Is this the 250 just north of hwy. 230 and the 100 acres across the dirt road from it? If so, I can give you some information about the hunting and foodplots, as we had that piece and the land beside it for some years....

erifle


----------



## Tommy12 (Aug 8, 2005)

Yes, the 250 is just north of hwy 230,but the 125 is right behind the camp.The 125 is the tract that borders that big agriculture field. What do you know about it?


----------



## edge (Aug 8, 2005)

We had it leased a few years ago...1800 acres one year, then 600 behind camp, and then 600 across road, then 250 north of 230. Until 2 years ago.
Fence off that land behind camp!! Too many openings off the dirt road!
LOTS of pigs over there. The 250 had summer plots last year, because we had planted it in spring before we got the new place. I don't know what the guys we subleased it to did for last fall. On the 250, you're almost surrounded by roads, so I liked the long roads and out of the way foodplots toward the back. There is a pretty little meadow on a hill beside the beaver pond.
That back field is pretty nice too...lots of trails coming up out of that creek swamp. The camp has alot of guys I know. They are not shooters...they pass up alot of bucks. Good guys. By the way, you probably already know this, but we didn't see many deer until cold weather, and the rut kicks in strong around Nov. 10-15 and runs through Thanksgiving. You'll see more bucks than does then, probably. And lastly, give them deer plenty to eat to draw them across those roads....

er


----------



## Tommy12 (Aug 8, 2005)

Thanks for the info. We are in the process of putting up gates.


----------



## Tommy12 (Aug 8, 2005)

I just got off the phone with the care taker of the land and he said that I can not have no more than 4 member added. They try to keep the number of hunters per acre pretty high,which is good, it just cost more. So the dues will be $750 for 4 more hunters.


----------



## tom turkey 2x2 (Aug 8, 2005)

does Mitch Slay still run red Hawk??


----------



## Tommy12 (Aug 8, 2005)

No he does not. He sold Redhawk,and bought some land in Lexington,Ga.  He is in the process of installing a high fence. They will have Deer,hogs,and exotics. He still owns all the land he was leasing in Dooly county.


----------



## edge (Aug 8, 2005)

I believe he still just leases the land from Germans and subleases it to the public......


----------



## denny (Aug 9, 2005)

I had a second lease from Mitch. He kept adding rules out of the blue. One nite we were cooking supper, and had a camp fire going. He came flying up in his truck, got out, and said,"Put it out, put it out right now, there are no camp fires allowed." First time we had heard of this rule. This was minor compared to some of his actions. He seemed to be a bit of a hot head to me. Got up the next morning harvested a couple of does, and never hunted there again.


----------



## edge (Aug 9, 2005)

You better not have harvested those does on the same day or before December one, or you broke another rule!!

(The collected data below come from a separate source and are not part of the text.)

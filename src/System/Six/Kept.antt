-- ===== src/System/Six/Kept.antt =====
-- What IPv6 packets leave of the stack's state (stack_system.go).
use sing_tun.Base.{ℕ, ◌+◌, ◌-◌, length, ◌≡◌, refl, Option, none, some, List}
use sing_tun.Base.Net.{AddrPort}
use sing_tun.Base.Bytes.{bind_some, slice, get8}
use sing_tun.Base.Ends.{Ends, some-Ends, bind-Ends, if_Ends, option-Ends}
use sing_tun.Header.{source_port, destination_port}
use sing_tun.Header.Ipv6.{payload_length6, source_addr6, destination_addr6, transport_protocol6}
use sing_tun.Nat.{TcpNat, Key, lookup, lookup_back}
use sing_tun.Nat.Refresh.{SameMaps-Inv}
use sing_tun.Nat.Lookup.{lookup-Inv, lookup_back-SameMaps}
use sing_tun.System.{System, Packet, stay, bytes, settle}
use sing_tun.System.Icmp.{Direct, direct_reset, direct_drop, direct_route, direct_none}
use sing_tun.System.Six.{rewrite_ipv6_tcp}
use sing_tun.System.Six.Tcp.{reply6, loop_back6, forward6, route_tcp6, process_ipv6_tcp}
use sing_tun.System.Six.Udp.{deliver6, process_ipv6_udp}
use sing_tun.System.Six.Icmp.{
  echo_reply6, reject_ipv6, rejected6, replied6, directed6, process_ipv6_icmp,
}
use sing_tun.System.Six.Process.{process_transport6, process_ipv6}
use sing_tun.System.Keeping.{KeepsStep, Keeps-nat6, same_step, settle-Keeps, looked_up-Keeps}

module _ (s : System) where
  reply_keeps :
      (nat : TcpNat) (now : ℕ) (p : Packet) (port : ℕ)
      → s.tcp_nat6 ≡ some nat
      → Ends (KeepsStep s) (reply6 s nat now p port)
  unfolding reply6
  reply_keeps nat now p port e =
      let keeps =
        Keeps-nat6 s nat (lookup_back nat port now).0 e
          (SameMaps-Inv (lookup_back-SameMaps nat port now)) in
      option-Ends (KeepsStep s) (lookup_back nat port now).1 _ _ (some-Ends (KeepsStep s) _ keeps)
        λ session. bind-Ends (KeepsStep s) _ _ λ q. some-Ends (KeepsStep s) _ keeps

  forward_keeps :
      (nat : TcpNat) (now : ℕ) (p : Packet) (source destination : AddrPort)
      → s.tcp_nat6 ≡ some nat
      → Ends (KeepsStep s) (forward6 s nat now p source destination)
  unfolding forward6
  forward_keeps nat now p source destination e =
      let key : Key = record { source = source; destination = destination } in
      let keeps = Keeps-nat6 s nat (lookup nat key now).0 e (lookup-Inv nat key now) in
      option-Ends (KeepsStep s) (lookup nat key now).1 _ _
        (bind-Ends (KeepsStep s) _ _ λ reset. some-Ends (KeepsStep s) _ keeps)
        λ port. bind-Ends (KeepsStep s) _ _ λ q. some-Ends (KeepsStep s) _ keeps

  loop_back_keeps : (p : Packet) (src dst : ℕ) → Ends (KeepsStep s) (loop_back6 s p src dst)
  unfolding loop_back6
  loop_back_keeps p src dst =
      bind-Ends (KeepsStep s) (rewrite_ipv6_tcp p s.tx_checksum_offload dst none src none) _
        λ q. same_step s _ refl

  route_keeps :
      (now : ℕ) (p : Packet) (nat : TcpNat)
      → s.tcp_nat6 ≡ some nat
      → Ends (KeepsStep s) (route_tcp6 s now p nat)
  unfolding route_tcp6
  route_keeps now p nat e = bind-Ends (KeepsStep s) (source_addr6 p.header) _ λ src.
      bind-Ends (KeepsStep s) (source_port p.payload) _ λ sport.
        bind-Ends (KeepsStep s) (destination_addr6 p.header) _ λ dst.
          bind-Ends (KeepsStep s) (destination_port p.payload) _ λ dport.
            if_Ends (KeepsStep s) _ _ _ (same_step s _ refl) (
              if_Ends (KeepsStep s) _ _ _ (reply_keeps nat now p dport e) (
                if_Ends (KeepsStep s) _ _ _ (loop_back_keeps p src dst)
                  (forward_keeps nat now p _ _ e)))

  tcp_by_nat :
      (now : ℕ) (p : Packet) (o : Option TcpNat)
      → s.tcp_nat6 ≡ o
      → Ends (KeepsStep s) (elim o [ none ↦ some (stay s p) | some nat ↦ route_tcp6 s now p nat ])
  tcp_by_nat now p none e = same_step s _ refl
  tcp_by_nat now p (some nat) e = route_keeps now p nat e

  tcp_keeps : (now : ℕ) (p : Packet) → Ends (KeepsStep s) (process_ipv6_tcp s now p)
  unfolding process_ipv6_tcp
  tcp_keeps now p = tcp_by_nat now p s.tcp_nat6 refl

  udp_keeps : (p : Packet) → Ends (KeepsStep s) (process_ipv6_udp s p)
  unfolding process_ipv6_udp deliver6
  udp_keeps p = bind-Ends (KeepsStep s) (source_addr6 p.header) _ λ src.
      bind-Ends (KeepsStep s) (source_port p.payload) _ λ sport.
        bind-Ends (KeepsStep s) (destination_addr6 p.header) _ λ dst.
          bind-Ends (KeepsStep s) (destination_port p.payload) _ λ dport.
            if_Ends (KeepsStep s) _ _ _ (same_step s _ refl) (
              bind-Ends (KeepsStep s) (slice p.payload 8 (length p.payload)) _ λ d.
                if_Ends (KeepsStep s) _ _ _ (same_step s _ refl) (
                  bind-Ends (KeepsStep s) (payload_length6 p.header) _ λ len.
                    bind-Ends (KeepsStep s) (slice (bytes p) 0 (length (bytes p) - len + 8)) _
                      λ headers. same_step s _ refl))

  directed_keeps :
      (p : Packet) (stale : List ℕ) (d : Direct) → Ends (KeepsStep s) (directed6 s p stale d)
  unfolding directed6 rejected6 replied6
  directed_keeps p stale direct_reset =
      bind-Ends (KeepsStep s) (reject_ipv6 s p 3 stale) _ λ message. same_step s _ refl
  directed_keeps p stale direct_drop = same_step s _ refl
  directed_keeps p stale direct_route = same_step s _ refl
  directed_keeps p stale direct_none =
      bind-Ends (KeepsStep s) (echo_reply6 p) _ λ q. same_step s _ refl

  icmp_keeps :
      (direct : ℕ → ℕ → Direct) (stale : List ℕ) (p : Packet)
      → Ends (KeepsStep s) (process_ipv6_icmp s direct stale p)
  unfolding process_ipv6_icmp replied6
  icmp_keeps direct stale p = bind-Ends (KeepsStep s) (get8 p.payload 0) _ λ kind.
      if_Ends (KeepsStep s) _ _ _ (same_step s _ refl) (
        bind-Ends (KeepsStep s) (get8 p.payload 1) _ λ code.
          if_Ends (KeepsStep s) _ _ _ (same_step s _ refl) (
            bind-Ends (KeepsStep s) (source_addr6 p.header) _ λ src.
              bind-Ends (KeepsStep s) (destination_addr6 p.header) _ λ dst.
                if_Ends (KeepsStep s) _ _ _
                  (bind-Ends (KeepsStep s) (echo_reply6 p) _ λ q. same_step s _ refl)
                  (looked_up-Keeps s src dst _ (directed_keeps p stale (direct src dst)))))

  transport_keeps :
      (now : ℕ) (direct : ℕ → ℕ → Direct) (stale : List ℕ) (p : Packet) (protocol : ℕ)
      → Ends (KeepsStep s) (process_transport6 s now direct stale p protocol)
  unfolding process_transport6
  transport_keeps now direct stale p protocol = if_Ends (KeepsStep s) _ _ _ (tcp_keeps now p) (
      if_Ends (KeepsStep s) _ _ _ (udp_keeps p)
        (if_Ends (KeepsStep s) _ _ _ (icmp_keeps direct stale p) (same_step s _ refl)))

  pub ipv6_keeps :
      (now : ℕ) (direct : ℕ → ℕ → Direct) (stale : List ℕ) (p : Packet)
      → Ends (KeepsStep s) (process_ipv6 s now direct stale p)
  unfolding process_ipv6
  ipv6_keeps now direct stale p = bind-Ends (KeepsStep s) (destination_addr6 p.header) _ λ dst.
      if_Ends (KeepsStep s) _ _ _ (same_step s _ refl) (
        bind-Ends (KeepsStep s) (transport_protocol6 p.header) _ λ protocol st' e.
          let (st, made, done) = bind_some (process_transport6 s now direct stale p protocol) _ e in
          some-Ends (KeepsStep s) (settle st)
            (settle-Keeps s st (transport_keeps now direct stale p protocol st made)) st' done)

At least now he doesn't stay close, so maybe you'll be alright!


----------



## CheapSeats (Aug 9, 2005)

I hunted close to there in 03/04 (sounds like the same tract) and saw plenty of young deer. Friend of mine killed a big 11 point on the property. Good Luck!


----------



## denny (Aug 9, 2005)

Erifle, it wasn't a rule then, never heard of that one too.   Guess I boke two in one day, if it was. Shot them both late in the year on the same day.This was back around 95. If it was let him fine me.


----------



## Tommy12 (Aug 9, 2005)

denny said:
			
		

> I had a second lease from Mitch. He kept adding rules out of the blue. One nite we were cooking supper, and had a camp fire going. He came flying up in his truck, got out, and said,"Put it out, put it out right now, there are no camp fires allowed." First time we had heard of this rule. This was minor compared to some of his actions. He seemed to be a bit of a hot head to me. Got up the next morning harvested a couple of does, and never hunted there again.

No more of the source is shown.